Less than a month ago, silly Perth MP Patrick Gorman held up Menzies as a paragon of political virtue in a speech to Labor’s McKell Institute, dredging up this quote on the objectives of sound standards:

“To temper the frequently absurd asperities of political conflict by seeking to stir up only noble and humane emotions, since ignoble passions, so easily aroused, can in the nature of things produce only ignoble policies and unfair administration.”

But Conroy claimed — at the National Press Club of all places — that Menzies sought to appease Hitler as distinct from his successor, Labor’s John Curtin. Albanese later allowed him to double down unrestrained, stirring “ignoble passions” among those who knew the truth.

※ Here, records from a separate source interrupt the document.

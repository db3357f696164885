-- ===== src/Agw/OneShot/Step.antt =====
-- One reconcile of a job that runs once, for every function that starts and watches such a job.
use magma_operator.Agw.OneShot.{
  Verdict, find_job, find_job-here, find_job-named, find_job-remove_job, next, phase_of, remove_job,
  running, says, waits,
}
use magma_operator.Base.{
  Bool, List, String, ap, arith, eq_refl, false, none, refl, some, sym, true, ◌&&◌, ◌==◌, ◌∙◌, ◌∷◌,
  ◌≡◌,
}
use magma_operator.Kube.Objects.{Job}

-- A run in which a reconcile said something of the job of a namespace and name: it and the job that
-- is left are a step of a job that runs once, and the jobs of all other namespaces and names are as
-- they were.
pub record Steps (namespace name : String) (is_current : Job → Bool) (s : List Job)
    (r : Verdict × List Job) : Type 0 where
  pub verdict : r.0 ≡ says (phase_of is_current (find_job namespace name s))
  pub phase :
      phase_of is_current (find_job namespace name r.1)
      ≡ next (phase_of is_current (find_job namespace name s))
  pub others :
      (namespace' name' : String)
      → (namespace == namespace' && name == name') ≡ false
      → find_job namespace' name' r.1 ≡ find_job namespace' name' s

next-kept :
    (is_current : Job → Bool) (j : Job)
    → is_current j ≡ true
    → phase_of is_current (some j) ≡ next (phase_of is_current (some j))
next-kept is_current j current = ground (arith, current)

module _ {namespace name : String} {is_current : Job → Bool} where
  -- A new job for the input.
  pub Steps-create :
      (j : Job) (s : List Job)
      → find_job namespace name s ≡ none
      → j.meta.namespace ≡ namespace
      → j.meta.name ≡ name
      → is_current j ≡ true
      → j.succeeded ≡ 0
      → j.failed ≡ 0
      → Steps namespace name is_current s (waits, j ∷ s)
  unfolding find_job
  Steps-create j s missing in_namespace named current unfinished fine =
      let is_new : phase_of is_current (some j) ≡ running = rw (current, unfinished, fine) refl in
      record {
        verdict = rw missing refl;
        phase =
            ap (phase_of is_current) (find_job-here namespace name j s in_namespace named)
            ∙ is_new
            ∙ sym (ap (λ o. next (phase_of is_current o)) missing);
        others = λ namespace' name' other. rw (in_namespace, named, other) refl;
      }

  pub Steps-by :
      {s : List Job} {r r' : Verdict × List Job}
      → r ≡ r'
      → Steps namespace name is_current s r'
      → Steps namespace name is_current s r
  Steps-by same steps = rw same steps

  -- A job for another input is taken away.
  pub Steps-delete :
      (j : Job) (s : List Job)
      → find_job namespace name s ≡ some j
      → is_current j ≡ false
      → Steps namespace name is_current s (waits, remove_job j.meta.namespace j.meta.name s)
  Steps-delete j s found other =
      let self = eq_refl namespace in
      let self' = eq_refl name in
      let (in_namespace, named) = find_job-named namespace name s j found in
      Steps-by
        (ap (λ t. (waits, remove_job t j.meta.name s)) in_namespace
          ∙ ap (λ t. (waits, remove_job namespace t s)) named)
        (record {
          verdict = rw (found, other) refl;
          phase =
              rw (find_job-remove_job namespace name namespace name s, self, self', found, other)
                refl;
          others = λ namespace' name' apart.
              rw (find_job-remove_job namespace' name' namespace name s, apart) refl;
        })

  -- A job for this input is left alone.
  pub Steps-keep :
      (j : Job) (s : List Job)
      → find_job namespace name s ≡ some j
      → is_current j ≡ true
      → Steps namespace name is_current s (says (phase_of is_current (some j)), s)
  Steps-keep j s found current = record {
    verdict = rw found refl;
    phase = rw found (next-kept is_current j current);
    others = λ _ _ _. refl;
  }
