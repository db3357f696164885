-- ===== src/Agw/OneShot/Copying.antt =====
-- The job that copies the root certificate is a job that runs once: `reconcileRootCASyncJob` of
-- internal/controller/agw_lifecycle.go.
use magma_operator.Agw.Names.{Stage, root_ca_hash_annotation}
use magma_operator.Agw.OneShot.{
  Phase, Verdict, broken, find_job, find_job-itself, finished, next, phase_of, run-create,
  run-delete, run-get, run-ret, run_with_jobs, says, waits,
}
use magma_operator.Agw.OneShot.Settle.{
  all_ended, find_job-all_ended, is_over, phase_of-complete, settle, third-over,
}
use magma_operator.Agw.OneShot.Step.{Steps, Steps-by, Steps-create, Steps-delete, Steps-keep}
use magma_operator.Agw.RootCa.{
  inspect_root_ca_sync_job, reconcile_root_ca_sync_job, root_ca_sync_job,
}
use magma_operator.Base.{
  Bool, Bool-cases, List, Option, String, ap, entry, eq_refl, if◌then◌else◌, inl, inr, lookup, ltb,
  none, refl, some, true, ◌<>◌, ◌==◌, ◌∙◌, ◌∷◌, ◌≡◌,
}
use magma_operator.Kube.Objects.{Job}

-- What a stage says of the job.
abbrev pub verdict_of : Stage → Verdict
verdict_of stage =
    if stage.ready
    then finished
    else if stage.reason == "RootCASyncJobFailed"
    then broken
    else waits

abbrev pub verdict_left : Stage × List Job → Verdict × List Job
verdict_left r = (verdict_of r.0, r.1)

-- The job is for the certificate of a hash, which is its version.
abbrev pub is_copying : String → Job → Bool
is_copying hash j = entry root_ca_hash_annotation j.meta.annotations == hash

module _ (namespace release_name secret_name pvc_name hash : String) where
  -- One reconcile of the jobs that there are.
  abbrev pub copied : List Job → Verdict × List Job
  copied s = verdict_left (
      run_with_jobs (reconcile_root_ca_sync_job namespace release_name secret_name pvc_name hash) s)

  abbrev CopySteps : List Job → Verdict × List Job → Type 0
  CopySteps s r = Steps namespace (release_name <> "-rootca-sync") (is_copying hash) s r

  create-Steps :
      (j : Job) (s : List Job)
      → find_job namespace (release_name <> "-rootca-sync") s ≡ none
      → j
        ≡ root_ca_sync_job namespace
            (release_name <> "-rootca-sync")
            release_name
            secret_name
            pvc_name
            hash
      → CopySteps s (waits, j ∷ s)
  unfolding root_ca_sync_job entry lookup
  create-Steps j s missing is = rw is (Steps-create _ s missing refl refl (eq_refl hash) refl refl)

  create-there :
      (s : List Job)
      → find_job namespace (release_name <> "-rootca-sync") s ≡ none
      → (let fresh =
            root_ca_sync_job namespace
              (release_name <> "-rootca-sync")
              release_name
              secret_name
              pvc_name
              hash in
          find_job fresh.meta.namespace fresh.meta.name s ≡ none)
  unfolding root_ca_sync_job
  create-there s missing = missing

  inspect-Steps :
      (j : Job) (s : List Job)
      → find_job namespace (release_name <> "-rootca-sync") s ≡ some j
      → CopySteps s (
          verdict_left (
            run_with_jobs
              (inspect_root_ca_sync_job namespace (release_name <> "-rootca-sync") hash j)
              s))
  unfolding inspect_root_ca_sync_job
  inspect-Steps j s found = elim (Bool-cases (is_copying hash j)) [
    | inr other ↦
        Steps-by
          (rw other (
            ap verdict_left
              (run-delete _ j j true s (find_job-itself _ _ s j found) ∙ run-ret _ _)))
          (Steps-delete j s found other)
    | inl same ↦
        Steps-by
          (elim (Bool-cases (ltb 0 j.succeeded)) [
            | inl succeeded ↦ rw (same, succeeded) (ap verdict_left (run-ret _ s))
            | inr not_yet ↦ elim (Bool-cases (ltb 0 j.failed)) [
              | inl failed ↦ rw (same, not_yet, failed) (ap verdict_left (run-ret _ s))
              | inr running ↦ rw (same, not_yet, running) (ap verdict_left (run-ret _ s))
            ]
          ])
          (Steps-keep j s found same)
  ]

  by_found :
      (r : Option Job) (s : List Job)
      → find_job namespace (release_name <> "-rootca-sync") s ≡ r
      → CopySteps s (copied s)
  unfolding reconcile_root_ca_sync_job
  by_found none s missing =
      Steps-by
        (ap verdict_left (
          run-get namespace (release_name <> "-rootca-sync") _ s none missing
          ∙ run-create _ _ s (create-there s missing)
          ∙ run-ret _ _))
        (create-Steps _ s missing refl)
  by_found (some j) s found =
      Steps-by
        (ap verdict_left (run-get namespace (release_name <> "-rootca-sync") _ s (some j) found))
        (inspect-Steps j s found)

  -- Against a server that holds jobs under their namespaces and names, `reconcileRootCASyncJob`
  -- refines one step of a job that runs once for each certificate: it says of the job of its
  -- namespace and name whether it has succeeded, has failed or is waited for, leaves that job where
  -- the step leaves it, a new one for this certificate and not ended, and leaves the jobs of all
  -- other namespaces and names as they were.
  pub reconcile_root_ca_sync_job-Refines :
      (s : List Job)
      → Steps namespace (release_name <> "-rootca-sync") (is_copying hash) s (copied s)
  reconcile_root_ca_sync_job-Refines s = by_found _ s refl

  abbrev phase_at : List Job → Phase
  phase_at s = phase_of (is_copying hash) (find_job namespace (release_name <> "-rootca-sync") s)

  -- Where the job stands when the jobs have ended after a reconcile.
  copied-phase : (s : List Job) → phase_at (all_ended (copied s).1) ≡ settle (next (phase_at s))
  copied-phase s =
      ap (phase_of (is_copying hash)) (find_job-all_ended _ _ (copied s).1)
      ∙ phase_of-complete (is_copying hash) (λ j. refl) _
      ∙ ap settle ((reconcile_root_ca_sync_job-Refines s).phase)

  -- Against a server that holds jobs under their namespaces and names, and where each job that has
  -- not failed succeeds between two reconciles, the third `reconcileRootCASyncJob` at the latest
  -- says that its job has succeeded or failed, whatever jobs were there before.
  pub reconcile_root_ca_sync_job-Settles :
      (s : List Job) → is_over (copied (all_ended (copied (all_ended (copied s).1)).1)).0 ≡ true
  reconcile_root_ca_sync_job-Settles s =
      let t = all_ended (copied (all_ended (copied s).1)).1 in
      ap is_over ((reconcile_root_ca_sync_job-Refines t).verdict)
      ∙ ap (λ p. is_over (says p))
          (copied-phase (all_ended (copied s).1) ∙ ap (λ p. settle (next p)) (copied-phase s))
      ∙ third-over (phase_at s)
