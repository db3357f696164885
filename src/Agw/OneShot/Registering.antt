-- ===== src/Agw/OneShot/Registering.antt =====
-- The job that registers a gateway is a job that runs once: `reconcileAGWGatewayRegistration` of
-- internal/controller/agw_identity.go.
use magma_operator.Agw.Identity.{IdentityState}
use magma_operator.Agw.Jobs.{agw_gateway_payload, payload_annotation, registration_job}
use magma_operator.Agw.Names.{api_host, nms_cert_secret_name, orc8r_namespace}
use magma_operator.Agw.OneShot.{
  Verdict, broken, find_job, find_job-itself, finished, run-create, run-delete, run-get, run-ret,
  run_with_jobs, waits,
}
use magma_operator.Agw.OneShot.Step.{Steps, Steps-by, Steps-create, Steps-delete, Steps-keep}
use magma_operator.Agw.Registration.{
  Registered, inspect_registration_job, not_yet, obtain_registration_job,
}
use magma_operator.Api.Agw.{MagmaAgw}
use magma_operator.Base.{
  Bool, Bool-cases, List, Option, String, ap, entry, eq_refl, if◌then◌else◌, inl, inr, lookup, ltb,
  none, refl, some, true, ◌<>◌, ◌==◌, ◌∙◌, ◌∷◌, ◌≡◌,
}
use magma_operator.Kube.Library.{Library}
use magma_operator.Kube.Objects.{Job}
use magma_operator.Kube.Prog.{ok}

-- What the registration says of the job.
abbrev pub registration_verdict : Registered → Verdict
registration_verdict r =
    if r.registered
    then finished
    else if r.reason == "GatewayRegistrationJobFailed"
    then broken
    else waits

abbrev pub registration_left : Registered × List Job → Verdict × List Job
registration_left r = (registration_verdict r.0, r.1)

-- The job is for a payload, of which the hash is the version.
abbrev pub is_registering : Library → String → Job → Bool
is_registering L payload j = entry payload_annotation j.meta.annotations == L.sha256_hex payload

module _ (L : Library) (agw : MagmaAgw) (identity : IdentityState) (image payload : String) where
  -- One reconcile of the jobs that there are.
  abbrev pub registered_left : List Job → Verdict × List Job
  registered_left s =
      registration_left (run_with_jobs (obtain_registration_job L agw identity image) s)

  abbrev RegisterSteps : List Job → Verdict × List Job → Type 0
  RegisterSteps s r =
      Steps (orc8r_namespace agw) (agw.meta.name <> "-register-gateway") (is_registering L payload)
        s r

  abbrev fresh_job : Job
  fresh_job =
      registration_job L (orc8r_namespace agw) (agw.meta.name <> "-register-gateway") image
        (nms_cert_secret_name agw) (api_host agw) agw.spec.network_id payload (L.sha256_hex payload)

  create-Steps :
      (j : Job) (s : List Job)
      → find_job (orc8r_namespace agw) (agw.meta.name <> "-register-gateway") s ≡ none
      → j ≡ fresh_job
      → RegisterSteps s (waits, j ∷ s)
  unfolding registration_job entry lookup
  create-Steps j s missing is =
      rw is (Steps-create _ s missing refl refl (eq_refl (L.sha256_hex payload)) refl refl)

  create-there :
      (s : List Job)
      → find_job (orc8r_namespace agw) (agw.meta.name <> "-register-gateway") s ≡ none
      → find_job fresh_job.meta.namespace fresh_job.meta.name s ≡ none
  unfolding registration_job
  create-there s missing = missing

  inspect-Steps :
      (j : Job) (s : List Job)
      → find_job (orc8r_namespace agw) (agw.meta.name <> "-register-gateway") s ≡ some j
      → RegisterSteps s (
          registration_left (
            run_with_jobs
              (inspect_registration_job
                (orc8r_namespace agw)
                (agw.meta.name <> "-register-gateway")
                (L.sha256_hex payload)
                j)
              s))
  unfolding inspect_registration_job
  inspect-Steps j s found = elim (Bool-cases (is_registering L payload j)) [
    | inr other ↦
        Steps-by
          (rw other (
            ap registration_left
              (run-delete _ j j true s (find_job-itself _ _ s j found) ∙ run-ret _ _)))
          (Steps-delete j s found other)
    | inl same ↦
        Steps-by
          (elim (Bool-cases (ltb 0 j.succeeded)) [
            | inl succeeded ↦ rw (same, succeeded) (ap registration_left (run-ret _ s))
            | inr not_yet ↦ elim (Bool-cases (ltb 0 j.failed)) [
              | inl failed ↦ rw (same, not_yet, failed) (ap registration_left (run-ret _ s))
              | inr running ↦ rw (same, not_yet, running) (ap registration_left (run-ret _ s))
            ]
          ])
          (Steps-keep j s found same)
  ]

  by_found :
      (r : Option Job) (s : List Job)
      → agw_gateway_payload L agw identity.hardware_id identity.public_key_b64 ≡ ok payload
      → find_job (orc8r_namespace agw) (agw.meta.name <> "-register-gateway") s ≡ r
      → RegisterSteps s (registered_left s)
  unfolding obtain_registration_job
  by_found none s made missing =
      Steps-by
        (rw made (
          ap registration_left (
            run-get (orc8r_namespace agw) (agw.meta.name <> "-register-gateway") _ s none missing
            ∙ run-create _ _ s (create-there s missing)
            ∙ run-ret _ _)))
        (create-Steps _ s missing refl)
  by_found (some j) s made found =
      Steps-by
        (rw made (
          ap registration_left (
            run-get (orc8r_namespace agw) (agw.meta.name <> "-register-gateway") _ s (some j)
              found)))
        (inspect-Steps j s found)

  -- Where the gateway has a payload: against a server that holds jobs under their namespaces and
  -- names, the part of `reconcileAGWGatewayRegistration` that reads or creates the job refines one
  -- step of a job that runs once for each payload: it says of the job of its namespace and name
  -- whether it has succeeded, has failed or is waited for, leaves that job where the step leaves
  -- it, a new one for this payload and not ended, and leaves the jobs of all other namespaces and
  -- names as they were.
  pub obtain_registration_job-Refines :
      agw_gateway_payload L agw identity.hardware_id identity.public_key_b64 ≡ ok payload
      → (s : List Job)
      → Steps
          (orc8r_namespace agw)
          (agw.meta.name <> "-register-gateway")
          (is_registering L payload)
          s
          (registered_left s)
  obtain_registration_job-Refines made s = by_found _ s made refl
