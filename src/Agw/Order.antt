-- ===== src/Agw/Order.antt =====
-- The order of a reconcile of a `MagmaAGW`: what must have been seen before manifest objects are
-- applied or deleted. internal/controller/magmaagw_controller.go and agw_identity.go.
pub mod Registered
pub mod Stages
use magma_operator.Agw.Calls.{is_quiet_call}
use magma_operator.Agw.Deletion.Facts.{Was}
use magma_operator.Agw.Jobs.{agw_gateway_payload, payload_annotation}
use magma_operator.Agw.Names.{gateway_registration_enabled, orc8r_namespace}
use magma_operator.Api.Agw.{MagmaAgw}
use magma_operator.Base.{Bool, String, entry, false, true, ◌<>◌, ◌<◌, ◌==◌, ◌≡◌}
use magma_operator.Kube.Library.{Library}
use magma_operator.Kube.Prog.{Answer, Call, Kind, apply, delete, get, ok}
use magma_operator.Kube.Sat.{History}

-- The calls that apply or delete a manifest object.
abbrev pub touches_manifest : Call → Bool
touches_manifest (apply o) = true
touches_manifest (delete Kind.manifest o background) = true
touches_manifest _ = false

-- The job of a namespace and name was read with a payload hash, and had succeeded.
abbrev pub SawRegistration : String → String → String → (c : Call) → Answer c → Type 0
SawRegistration namespace name hash (get Kind.job namespace' name') (ok j) =
    (namespace' ≡ namespace)
    × (name' ≡ name)
    × ((entry payload_annotation j.meta.annotations == hash) ≡ true)
    × (0 < j.succeeded)
SawRegistration namespace name hash _ _ = ⊥

abbrev pub registration_job_name : MagmaAgw → String
registration_job_name agw = agw.meta.name <> "-register-gateway"

module _ (L : Library) where
  -- The registration job for the payload of a resource, with some identity, had succeeded.
  pub record WasRegistered (agw : MagmaAgw) (h : History) : Type 0 where
    pub hardware_id : String
    pub public_key : String
    pub payload : String
    pub made : agw_gateway_payload L agw hardware_id public_key ≡ ok payload
    pub seen :
        Was
          (SawRegistration (orc8r_namespace agw) (registration_job_name agw) (L.sha256_hex payload))
          h

  -- Where the resource asks to be registered, it was.
  abbrev pub MayApply : MagmaAgw → History → Type 0
  MayApply agw h =
      gateway_registration_enabled agw.spec.gateway_registration ≡ true → WasRegistered agw h

  abbrev pub ApplyAfter : MagmaAgw → History → Call → Type 0
  ApplyAfter agw h c = touches_manifest c ≡ true → MayApply agw h

-- The spec and the metadata are those of another resource.
abbrev pub SameSpec : MagmaAgw → MagmaAgw → Type 0
SameSpec agw' agw = (agw'.spec ≡ agw.spec) × (agw'.meta ≡ agw.meta)

abbrev pub Quiet : History → Call → Type 0
Quiet _ c = is_quiet_call c ≡ true
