-- ===== src/Agw/Order/Registered.antt =====
-- When `reconcileAGWGatewayRegistration` of internal/controller/agw_identity.go says that a gateway
-- is registered.
use magma_operator.Agw.Deletion.Facts.{Was}
use magma_operator.Agw.Identity.{IdentityState}
use magma_operator.Agw.Jobs.{agw_gateway_payload, payload_annotation, registration_job}
use magma_operator.Agw.Names.{
  api_host, gateway_registration_enabled, magmalte_deployment_name, nms_cert_secret_name,
  orc8r_namespace,
}
use magma_operator.Agw.Order.{Quiet, SawRegistration, WasRegistered, registration_job_name}
use magma_operator.Agw.Registration.{
  inspect_registration_job, not_yet, obtain_registration_job, reconcile_agw_gateway_registration,
  register_gateway, with_first_image,
}
use magma_operator.Api.Agw.{MagmaAgw}
use magma_operator.Base.{
  List, String, [], arith, entry, inl, is_empty, ltb, not, refl, true, ◌<◌, ◌==◌, ◌∷◌, ◌≡◌,
}
use magma_operator.Kube.Frame.{Sat-weaken}
use magma_operator.Kube.Library.{Library}
use magma_operator.Kube.Objects.{Container, Job}
use magma_operator.Kube.Prog.{Kind, create, delete, get, ignore_not_found, is_not_found, ret}
use magma_operator.Kube.Sat.{History, Sat, Sat-check, Sat-check_error, Sat-if, Sat-ret, Sat-send}

module _ (L : Library) where
  inspect_registration_job-WasRegistered :
      (namespace name hash : String) (j : Job) (h : History)
      → ((entry payload_annotation j.meta.annotations == hash) ≡ true
          → 0 < j.succeeded
          → Was (SawRegistration namespace name hash) h)
      → Sat Quiet
          (λ h' r. r.registered ≡ true → Was (SawRegistration namespace name hash) h')
          h
          (inspect_registration_job namespace name hash j)
  unfolding inspect_registration_job
  inspect_registration_job-WasRegistered namespace name hash j h seen =
      Sat-if (not (entry payload_annotation j.meta.annotations == hash)) h _ _
        (λ _. Sat-send h (delete Kind.job j true) _ refl (λ failed.
          Sat-check_error (ignore_not_found failed) _ _ _ (λ e _. Sat-ret _ _ (λ bad. cc))
            (λ _. Sat-ret _ _ (λ bad. cc))))
        (λ same.
          Sat-if (ltb 0 j.succeeded) h _ _
            (λ succeeded. Sat-ret h _ (λ _. seen (ground arith) (ground arith)))
            (λ _.
              Sat-if (ltb 0 j.failed) h _ _ (λ _. Sat-ret h _ (λ bad. cc))
                (λ _. Sat-ret h _ (λ bad. cc))))

  obtain_registration_job-WasRegistered :
      (agw : MagmaAgw) (identity : IdentityState) (image : String) (h : History)
      → Sat Quiet
          (λ h' r. r.registered ≡ true → WasRegistered L agw h')
          h
          (obtain_registration_job L agw identity image)
  unfolding obtain_registration_job
  obtain_registration_job-WasRegistered agw identity image h =
      Sat-check (agw_gateway_payload L agw identity.hardware_id identity.public_key_b64) h _ _
        (λ e _. Sat-ret h _ (λ bad. cc))
        (λ payload made.
          Sat-send h (get Kind.job (orc8r_namespace agw) (registration_job_name agw)) _ refl (λ r.
            Sat-check r _ _ _
              (λ e _.
                Sat-if (not (is_not_found e)) _ _ _ (λ _. Sat-ret _ _ (λ bad. cc))
                  (λ _.
                    Sat-send _
                      (create Kind.job (
                        registration_job L (orc8r_namespace agw) (registration_job_name agw) image
                          (nms_cert_secret_name agw) (api_host agw) agw.spec.network_id payload
                          (L.sha256_hex payload)))
                      _ refl
                      (λ failed.
                        Sat-check_error failed _ _ _ (λ e' _. Sat-ret _ _ (λ bad. cc))
                          (λ _. Sat-ret _ _ (λ bad. cc)))))
              (λ j found.
                Sat-weaken _ _ (λ _ _ c. c)
                  (λ _ _ seen registered. record {
                    hardware_id = identity.hardware_id;
                    public_key = identity.public_key_b64;
                    payload = payload;
                    made = made;
                    seen = seen registered;
                  })
                  (inspect_registration_job-WasRegistered (orc8r_namespace agw)
                    (registration_job_name agw) (L.sha256_hex payload) j _
                    (λ same succeeded. inl (rw found (refl, refl, same, succeeded)))))))

  first_image-WasRegistered :
      (agw : MagmaAgw) (identity : IdentityState) (cs : List Container) (h : History)
      → Sat Quiet
          (λ h' r. r.registered ≡ true → WasRegistered L agw h')
          h
          (with_first_image cs
            (ret (not_yet "MagmalteImageUnavailable"))
            (obtain_registration_job L agw identity))
  first_image-WasRegistered agw identity [] h = Sat-ret h _ (λ bad. cc)
  first_image-WasRegistered agw identity (c ∷ cs) h =
      obtain_registration_job-WasRegistered agw identity c.image h

  register_gateway-WasRegistered :
      (agw : MagmaAgw) (identity : IdentityState) (h : History)
      → Sat Quiet
          (λ h' r. r.registered ≡ true → WasRegistered L agw h')
          h
          (register_gateway L agw identity)
  unfolding register_gateway
  register_gateway-WasRegistered agw identity h =
      Sat-send h (get Kind.secret (orc8r_namespace agw) (nms_cert_secret_name agw)) _ refl (λ r.
        Sat-check r _ _ _
          (λ e _.
            Sat-if (is_not_found e) _ _ _ (λ _. Sat-ret _ _ (λ bad. cc))
              (λ _. Sat-ret _ _ (λ bad. cc)))
          (λ _ _.
            Sat-send _ (get Kind.deployment (orc8r_namespace agw) magmalte_deployment_name) _ refl
              (λ r'.
                Sat-check r' _ _ _
                  (λ e _.
                    Sat-if (is_not_found e) _ _ _ (λ _. Sat-ret _ _ (λ bad. cc))
                      (λ _. Sat-ret _ _ (λ bad. cc)))
                  (λ m _. first_image-WasRegistered agw identity m.containers _))))

  -- The function `reconcileAGWGatewayRegistration` makes only quiet calls, and says registered only after the
  -- job for the resource's payload was read as succeeded.
  pub reconcile_agw_gateway_registration-WasRegistered :
      (agw : MagmaAgw) (identity : IdentityState) (h : History)
      → Sat Quiet
          (λ h' r. r.registered ≡ true → WasRegistered L agw h')
          h
          (reconcile_agw_gateway_registration L agw identity)
  unfolding reconcile_agw_gateway_registration
  reconcile_agw_gateway_registration-WasRegistered agw identity h =
      Sat-if (not (gateway_registration_enabled agw.spec.gateway_registration)) h _ _
        (λ _. Sat-ret h _ (λ bad. cc))
        (λ _.
          Sat-if (is_empty agw.spec.network_id) h _ _ (λ _. Sat-ret h _ (λ bad. cc))
            (λ _.
              Sat-if (is_empty agw.spec.access_gateway_id) h _ _ (λ _. Sat-ret h _ (λ bad. cc))
                (λ _. register_gateway-WasRegistered agw identity h)))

In a masterful smackdown this week, The Australian newspaper’s editor-at-large, Paul Kelly, showed that when Menzies as PM first announced troops would be sent to fight Hitler, Curtin opposed it.

“While Menzies prioritised imperial defence in the cause of defeating Adolf Hitler, Curtin was cautious and gave priority to the defence of Australia,” Kelly wrote. “Neither was an appeaser. Both government and Opposition were pledged to the war effort.”

Kelly then came to a potent conclusion which Albanese should take on board: “Menzies and Curtin were a cut above today’s mediocre political class. And the effort to promote Labor’s current national security credentials by denigrating Menzies in an 80-year-old time warp is beyond pathetic.”

Albanese is happy to dampen our crucial relationship with the US to the extent that the AUKUS deal is blowing in the wind, but wants credit for signing security pacts with tiny Pacific nations which one expert notes can’t even police their own fishing grounds.

When Chinese Premier Li Qiang referred to the visiting Albanese as a “handsome boy” in 2023, it was an intended slight. They already had his measure.

Australia needs a serious prime minister to face the very serious challenges that are emerging in our region.

This is where the jokes end: we haven’t got one.